# off topic



## Ply4_cobalt (Dec 9, 2006)

i know this way off topic just wanted to share it though very funny http://www.break.com/index/effect_of_dr ... _webs.html


----------



## Bloodyblinddoors (Oct 25, 2006)

Nice post title.


----------



## clampdaddy (Aug 9, 2006)

OH NO! Not a four banger racer! NOT HERE! I love thrashin those lil ba$t&rd$ with my Chevelle.
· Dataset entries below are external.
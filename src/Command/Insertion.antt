-- ===== src/Command/Insertion.antt =====
-- `cmd_insert` and `cmd_uninsert`, on a node that shows well-formed text.
use vjft.Prelude.{ℕ, ◌+◌, ◌-◌, ◌<◌, ◌≡◌, refl, ap, ◌∙◌}
use vjft.Prelude.{
  List, ◌++◌, length, take, drop, if◌then◌else◌, ltb, Option, none, some, append_assoc, [], ◌∷◌,
  true, false,
}
use vjft.Prelude.{pos, pos--ℤ, arith, ok, exit, ◌>>=◌, All, length-append}
use vjft.Prelude.{take-append_length, drop-append_length, drop-add, All-append}
use vjft.Prelude.{take-append-drop, All-take, All-drop}
use vjft.Utf8.Chars.{IsChar, encode, encode-append, offset, length-take_le}
use vjft.Utf8.Walk.{utf8_strlen-encode}
use vjft.Msg.{MsgNode}
use vjft.World.{CmdFunc, InputEvent, Action, World, eq_cmd?}
use vjft.Action.{recorded, mng_act}
use vjft.Edit.Shows.{Shows, byte_offset-Shows}
use vjft.Edit.Insert.{splice, inserted, upd_insert-Shows}
use vjft.Command.{no_action, join_insert, cmd_insert, cmd_uninsert, strcpy_within}

-- The text that an insertion records: its own, behind that of the action that it joins.
abbrev pub joined : Action → List ℕ → Option (List ℕ)
joined act new =
    if ltb 1 act.cnt then elim act.seq [ none ↦ none | some old ↦ some (old ++ new) ] else act.seq

-- On well-formed text cmd_insert puts well-formed characters between those before and behind the
-- cursor, the cursor behind them, and joins its bytes to the action.
pub cmd_insert-Shows :
    (world : World) (node : MsgNode) (event : InputEvent) (cs new : List (List ℕ)) (k : ℕ)
    → Shows node cs k
    → All IsChar new
    → event.seq ≡ some (encode new)
    → cmd_insert world node event ≡ (
        join_insert event (recorded world event CmdFunc.cmd_insert).1 >>= λ act. ok (
          (recorded world event CmdFunc.cmd_insert).0,
          inserted node (splice k new cs) k (length new),
          some act,
        ))
unfolding cmd_insert mng_act
cmd_insert-Shows world node event cs new k h n e =
    rw (upd_insert-Shows node event cs new k h n e) refl

-- The stack with the null pointer that an empty one gives.
abbrev pub kept : List (Option Action) → List (Option Action)
kept [] = none ∷ []
kept (act ∷ stack) = act ∷ stack

-- The command of the action on top.
abbrev pub top_cmd : List (Option Action) → Option CmdFunc
top_cmd [] = none
top_cmd (none ∷ stack) = none
top_cmd (some act ∷ stack) = act.cmd_fn

pub recorded_fresh :
    (world : World) (event : InputEvent) (f : CmdFunc)
    → eq_cmd? (top_cmd world.undo_stack) f ≡ false
    → recorded world event f ≡ (
      record world { undo_stack = kept world.undo_stack },
      record { cmd_fn = event.cmd_fn; seq = event.seq; cnt = 1 },
    )
unfolding recorded
recorded_fresh world event f other = on_stack world.undo_stack other
  where
    on_stack :
        (stack : List (Option Action))
        → eq_cmd? (top_cmd stack) f ≡ false
        → recorded (record world { undo_stack = stack }) event f ≡ (
          record world { undo_stack = kept stack },
          record { cmd_fn = event.cmd_fn; seq = event.seq; cnt = 1 },
        )
    on_stack [] other = refl
    on_stack (none ∷ stack) other = refl
    on_stack (some act ∷ stack) other = rw other refl

-- On well-formed text cmd_insert, where no insertion is on top of the undo stack, puts well-formed
-- characters between those before and behind the cursor, the cursor behind them, and returns a new
-- action that holds their bytes; the undo stack keeps what it had, and gets a null pointer if it
-- was empty.
pub cmd_insert-records :
    (world : World) (node : MsgNode) (event : InputEvent) (cs new : List (List ℕ)) (k : ℕ)
    → Shows node cs k
    → All IsChar new
    → event.seq ≡ some (encode new)
    → eq_cmd? (top_cmd world.undo_stack) CmdFunc.cmd_insert ≡ false
    → cmd_insert world node event
      ≡ ok (
        record world { undo_stack = kept world.undo_stack },
        inserted node (splice k new cs) k (length new),
        some (record { cmd_fn = event.cmd_fn; seq = some (encode new); cnt = 1 }),
      )
unfolding join_insert
cmd_insert-records world node event cs new k h n e other =
    cmd_insert-Shows world node event cs new k h n e
    ∙ rw (recorded_fresh world event CmdFunc.cmd_insert other, e) refl

-- On well-formed text cmd_insert, where an insertion, done once, is on top of the undo stack, puts
-- well-formed characters between those before and behind the cursor, the cursor behind them, takes
-- that insertion off the stack, and returns it with the new bytes behind its own.
pub cmd_insert-joins :
    (world : World) (node : MsgNode) (event : InputEvent) (cs new : List (List ℕ)) (k : ℕ)
    (old : List ℕ) (below : List (Option Action))
    → Shows node cs k
    → All IsChar new
    → event.seq ≡ some (encode new)
    → world.undo_stack
      ≡ some (record { cmd_fn = some CmdFunc.cmd_insert; seq = some old; cnt = 1 }) ∷ below
    → cmd_insert world node event
      ≡ ok (
        record world { undo_stack = below },
        inserted node (splice k new cs) k (length new),
        some (record { cmd_fn = some CmdFunc.cmd_insert; seq = some (old ++ encode new); cnt = 1 }),
      )
unfolding join_insert recorded
cmd_insert-joins world node event cs new k old below h n e top =
    cmd_insert-Shows world node event cs new k h n e ∙ rw (top, e) refl

add_sub : (a b : ℕ) → a + b - b ≡ a
add_sub a b = omega arith

-- A node whose cursor stands behind the characters `new`.
pub record ShowsAfter (node : MsgNode) (front new back : List (List ℕ)) : Type 0 where
  pub front_valid : All IsChar front
  pub new_valid : All IsChar new
  pub back_valid : All IsChar back
  pub text_after : node.text ≡ encode (front ++ (new ++ back))
  pub cursor_after : node.cursor_pos ≡ pos (length front + length new)

after-Shows :
    {node : MsgNode} {front new back : List (List ℕ)}
    → ShowsAfter node front new back
    → Shows node (front ++ (new ++ back)) (length front + length new)
after-Shows {front = front} {new = new} {back = back} h = record {
  valid =
      All-append IsChar front _ h.front_valid (All-append IsChar new _ h.new_valid h.back_valid);
  text = h.text_after;
  cursor = h.cursor_after;
  within = omega (arith, length-append {0} front (new ++ back), length-append {0} new back);
}

offset-after :
    (front new back : List (List ℕ))
    → offset (length front + length new) (front ++ (new ++ back))
      ≡ length (encode front) + length (encode new)
offset-after front new back =
    rw
      (
        ← append_assoc front new back,
        ← length-append {0} front new,
        take-append_length (front ++ new) back,
        encode-append front new,
      )
      (length-append (encode front) (encode new))

encode_three :
    (front new back : List (List ℕ))
    → encode (front ++ (new ++ back)) ≡ encode front ++ (encode new ++ encode back)
encode_three front new back = rw (encode-append front (new ++ back), encode-append new back) refl

removed :
    (front new back : List (List ℕ))
    → length (encode back) < length (encode new)
    → strcpy_within
        (encode (front ++ (new ++ back)))
        (length (encode front))
        (length (encode front) + length (encode new))
      ≡ ok (encode (front ++ back))
unfolding strcpy_within
removed front new back short = rw (encode_three front new back) (
    let apart : ltb
          (length (encode front ++ (encode new ++ encode back))
            - (length (encode front) + length (encode new)))
          (length (encode front) + length (encode new) - length (encode front))
        ≡ true =
      ground (
        arith,
        length-append {0} (encode front) (encode new ++ encode back),
        length-append {0} (encode new) (encode back),
      ) in
    rw
      (
        strcpy_within,
        apart,
        take-append_length (encode front),
        drop-add (length (encode front)) (length (encode new)),
        drop-append_length (encode front),
        drop-append_length (encode new),
        encode-append front back,
      )
      refl)

-- `cmd_uninsert` removes the characters before the cursor again, and moves the cursor back.
pub cmd_uninsert_removes :
    (world : World) (node : MsgNode) (event : InputEvent) (front new back : List (List ℕ))
    → length (encode back) < length (encode new)
    → ShowsAfter node front new back
    → event.seq ≡ some (encode new)
    → cmd_uninsert world node event
      ≡ no_action world
          (record node { text = encode (front ++ back); cursor_pos = pos (length front) })
unfolding cmd_uninsert
cmd_uninsert_removes world node event front new back short h e = ground (
  arith,
  e,
  utf8_strlen-encode new h.new_valid,
  byte_offset-Shows (after-Shows h),
  offset-after front new back,
  removed front new back short,
  h.text_after,
  h.cursor_after,
  pos--ℤ (length front + length new) (length new),
  add_sub (length (encode front)) (length (encode new)),
  add_sub (length front) (length new),
)

-- If fewer bytes stand before the cursor than were inserted, `cmd_uninsert` ends the program.
pub cmd_uninsert_exits :
    (world : World) (node : MsgNode) (event : InputEvent) (cs new : List (List ℕ)) (k : ℕ)
    → Shows node cs k
    → All IsChar new
    → event.seq ≡ some (encode new)
    → offset k cs < length (encode new)
    → cmd_uninsert world node event ≡ exit
unfolding cmd_uninsert
cmd_uninsert_exits world node event cs new k h n e lt =
    ground (arith, e, utf8_strlen-encode new n, byte_offset-Shows h)

-- cmd_uninsert after an insertion into well-formed text, with fewer bytes of text behind the
-- cursor than were inserted, gives back text and cursor; the marker keeps the place to which the
-- insertion moved it.
pub cmd_uninsert-insert :
    (world : World) (node : MsgNode) (event : InputEvent) (cs new : List (List ℕ)) (k : ℕ)
    → length (encode (drop k cs)) < length (encode new)
    → Shows node cs k
    → All IsChar new
    → event.seq ≡ some (encode new)
    → cmd_uninsert world (inserted node (splice k new cs) k (length new)) event
      ≡ no_action world
          (record node { marker_pos = (inserted node (splice k new cs) k (length new)).marker_pos })
cmd_uninsert-insert world node event cs new k short h n e =
    let size = length-take_le k cs h.within in
    cmd_uninsert_removes world (inserted node (splice k new cs) k (length new)) event (take k cs)
      new (drop k cs) short
      (record {
        front_valid = All-take IsChar k cs h.valid;
        new_valid = n;
        back_valid = All-drop IsChar k cs h.valid;
        text_after = refl;
        cursor_after = ap pos (omega (arith, size));
      })
      e
    ∙ rw (take-append-drop k cs, size, ← h.text, ← h.cursor) refl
Oh well, at least you drive an "American" rice burner.


----------



## Ply4_cobalt (Dec 9, 2006)

are you serious... its no ricer yeah its a four banger... but its super charged 205 hp 200 lb-ft Torque .. so this no honda or mazda or any other RICE BURNER... its an American Revolution


----------



## weasle414 (Dec 31, 2006)

Why would someone post something about cars in a coyote hunting forum? oke: :lame:


----------



## Ply4_cobalt (Dec 9, 2006)

i posted the video at first... didnt say a thing about my car untill it was brought up


----------



## varminthuntr (Jan 5, 2007)

i got a 2002 chevy 2500 HD dooley.....an all american truck


----------



## Ply4_cobalt (Dec 9, 2006)

chevy is the only way to go :beer:


----------



## coyotekiller3006 (Jan 3, 2006)

ford


----------



## johndeerel (Jan 6, 2007)

chevy all the way


----------



## Ply4_cobalt (Dec 9, 2006)

johndeerel said:


> chevy all the way


 :beer:


----------



## coyotekiller3006 (Jan 3, 2006)

:withstupid: uke: chevy


----------



## hendrickx (Dec 12, 2006)

anyone with johndeere in there name is gotta be full of crap 

ford all the way :lol:


----------



## ruger223killer (Jan 3, 2007)

I found nothing funny in that video. And i go for those 
YUGOS they will beat a yellow supercharged cobalt anyday


----------